中伏天里,日头爷儿如火如荼,魏长庚就在魏石寨的帮扶下,来到河湾的一处浅水滩,脱了衣服,身子竟然如一尊泥雕,枯瘦干瘪,脊背弯似犁辕,背上腿上的伤疤赫然入目。魏石寨搀扶大伯慢慢走进水边,把水轻轻撩在大伯的身上,那水就顺了魏长庚肌肤上的沟沟壑壑漫流下来。大伯吸吸溜溜,似有些怕冷,又有些嫌怪,尽显着笨拙与脚下没根儿,渐渐浸入水中,干柴棒般的手,在同样干枯的身上不停地揉搓着。
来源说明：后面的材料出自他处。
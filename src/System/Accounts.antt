-- ===== src/System/Accounts.antt =====
-- The repositories of users and of refresh tokens keep the tables sound.
use loglens_api.Base.{
  ℕ, ◌+◌, ◌≡◌, refl, sym, Bool, none, List, arith, inl, inr, Option-cases, Bool-cases,
}
use loglens_api.Text.{Text}
use loglens_api.Text.Laws.{text_eq→eq}
use loglens_api.Table.{find_first, update_where, insert_row}
use loglens_api.Table.Unique.{
  IsNumbered-later, IsNumbered-insert_row, IsNumbered-update_where, AtMostOne-insert_row,
  AtMostOne-update_where,
}
use loglens_api.Models.{User, RefreshToken}
use loglens_api.Models.Enums.{UserRole}
use loglens_api.Effect.{Env, Db, Sequences, QueuedTask}
use loglens_api.Effect.Keeps.{Keeps}
use loglens_api.Repositories.Users.{has_email, create_user, update_role, update_status}
use loglens_api.System.Sound.{UsersAreSound, TokensAreSound, DbIsSound, IsSound}

insertion-UsersAreSound :
    (next : ℕ) (u : User) (us : List User)
    → u.id ≡ next
    → find_first (has_email u.email) us ≡ none
    → UsersAreSound next us
    → UsersAreSound (next + 1) (insert_row u us)
insertion-UsersAreSound next u us e free h = record {
  ids = IsNumbered-insert_row (λ u. u.id) 0 next u us e h.ids;
  emails = λ a.
      AtMostOne-insert_row (has_email a) u us (λ fits. rw (sym (text_eq→eq u.email a fits)) free)
        (h.emails a);
}

later-UsersAreSound :
    (next : ℕ) (us : List User) → UsersAreSound next us → UsersAreSound (next + 1) us
later-UsersAreSound next us h = record {
  ids = IsNumbered-later (λ u. u.id) 0 next (next + 1) us (omega arith) h.ids;
  emails = h.emails;
}

update-UsersAreSound :
    (p : User → Bool) (f : User → User) (next : ℕ) (us : List User)
    → ((u : User) → (f u).id ≡ u.id)
    → ((u : User) → (f u).email ≡ u.email)
    → UsersAreSound next us
    → UsersAreSound next (update_where p f us)
update-UsersAreSound p f next us id email h = record {
  ids = IsNumbered-update_where (λ u. u.id) p f 0 next us id h.ids;
  emails = λ a.
      AtMostOne-update_where (has_email a) p f us
        (λ u. elim (Bool-cases (p u)) [ inl e ↦ rw (e, email u) refl | inr e ↦ rw e refl ])
        (h.emails a);
}

module _ {s : Sequences} {q : List QueuedTask} {d : Db} where
  next_user-DbIsSound : DbIsSound s q d → DbIsSound (record s { next_user = s.next_user + 1 }) q d
  next_user-DbIsSound h = record {
    users = later-UsersAreSound s.next_user d.users h.users;
    tokens = h.tokens;
    logs = h.logs;
    jobs = h.jobs;
    analyses = h.analyses;
  }

  users-DbIsSound :
      {us : List User}
      → DbIsSound s q d
      → UsersAreSound s.next_user us
      → DbIsSound s q (record d { users = us })
  users-DbIsSound h users = record {
    users = users;
    tokens = h.tokens;
    logs = h.logs;
    jobs = h.jobs;
    analyses = h.analyses;
  }

  tokens-DbIsSound :
      {ts : List RefreshToken}
      → DbIsSound s q d
      → TokensAreSound s.next_token ts
      → DbIsSound s q (record d { refresh_tokens = ts })
  tokens-DbIsSound h tokens = record {
    users = h.users;
    tokens = tokens;
    logs = h.logs;
    jobs = h.jobs;
    analyses = h.analyses;
  }

module _ {env : Env} where
  pub create_user-IsSound :
      (email hash : Text) (role : UserRole) (active : Bool)
      → Keeps IsSound (create_user {env = env} email hash role active)
  unfolding create_user
  create_user-IsSound email hash role active = record {
    at = λ w h. elim (Option-cases (find_first (has_email email) w.working.users)) [
      | inr (u, taken) ↦ rw taken (next_user-DbIsSound h.0, next_user-DbIsSound h.1, h.2)
      | inl free ↦ rw free (
        next_user-DbIsSound h.0,
        users-DbIsSound (next_user-DbIsSound h.1)
            (insertion-UsersAreSound w.sequences.next_user _ w.working.users refl free h.1.users),
        h.2,
      )
    ];
  }

  pub update_role-IsSound :
      (u : User) (role : UserRole) → Keeps IsSound (update_role {env = env} u role)
  unfolding update_role
  update_role-IsSound u role = record {
    at = λ w h. (
      h.0,
      users-DbIsSound h.1 (
          update-UsersAreSound _ _ w.sequences.next_user w.working.users (λ u. refl) (λ u. refl)
            h.1.users),
      h.2,
    );
  }

  pub update_status-IsSound :
      (u : User) (active : Bool) → Keeps IsSound (update_status {env = env} u active)
  unfolding update_status
  update_status-IsSound u active = record {
    at = λ w h. (
      h.0,
      users-DbIsSound h.1 (
          update-UsersAreSound _ _ w.sequences.next_user w.working.users (λ u. refl) (λ u. refl)
            h.1.users),
      h.2,
    );
  }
日光灼灼,山风飒飒,水流潺潺,燕子在高空里盘旋,蜻蜓在水面上飞来飞去,时而点一下水,时而悬停在空里,时而又栖落在花草上。水面上的水蜘蛛四只长腿或六只长腿呈放射状支撑着中间娇小的身体,踩在水面上,如履平地,游离于人的四周,于水面上来去自由,或急速滑行,或追逐嬉戏,或静止不动。几只虻钻贪婪地扇着翅膀,嗡嗡叫唤着,在魏长庚和魏石寨周边盘旋逗留,以寻找合适的机会,好美美饱餐一顿。然魏石寨除了给大伯搓揉垢甲以外,还不时把手在虻钻贴近飞行的方向扇来扇去,这就使虻钻没有下口的机会。有一阵子,魏石寨给大伯搓得十分投入,觉得脊背上一阵锥子拧样的疼,手就猛拍过去,结果那只绿莹莹的虻钻就滚落水中,尸首随水漂流,魏石寨就骂道:“一不小心就叫你钻了空子!”很是解气地看了那只死去的虻钻,“叫你吃,吃死你!”又用手背过去摸那被叮咬的地方,手上竟沾了红堂堂的血。魏长庚问:“咬出血了?”魏石寨说:“可不是咋,虻钻嘴又尖又长,咬一口顶扎了一锥子哩。”魏长庚说:“今年咱村没有牲畜,不招虻钻。搁往年,咱俩早叫这鬼东西咬死了!”魏石寨说:“这倒是真的,今年咱村没有牛,没有羊,也没有猪,虽说虻钻不多,咱老黄也真是遭了殃了。”就想起自从入夏至今,虻钻总是盯着老黄。被虻钻叮上的老黄用耳朵扇,用尾巴甩,实在不解决问题,他就在地上打个滚儿,把贪嘴的虻钻撵走。有好几回,魏石寨看见老黄身上一下趴了两只虻钻,用手扇扇,纹丝不动,他就一巴掌拍下去,虻钻就一命呜呼了。

洗了个爽快澡,到晚来,凉风习习,星斗满天,林子里夜鸟鸣唱,魏石寨和魏长庚坐在大门楼外的小路上,听收音机。老黄也在一旁蹲坐了,竖着耳朵眯着眼,尽情享受着夏夜的凉爽和惬意。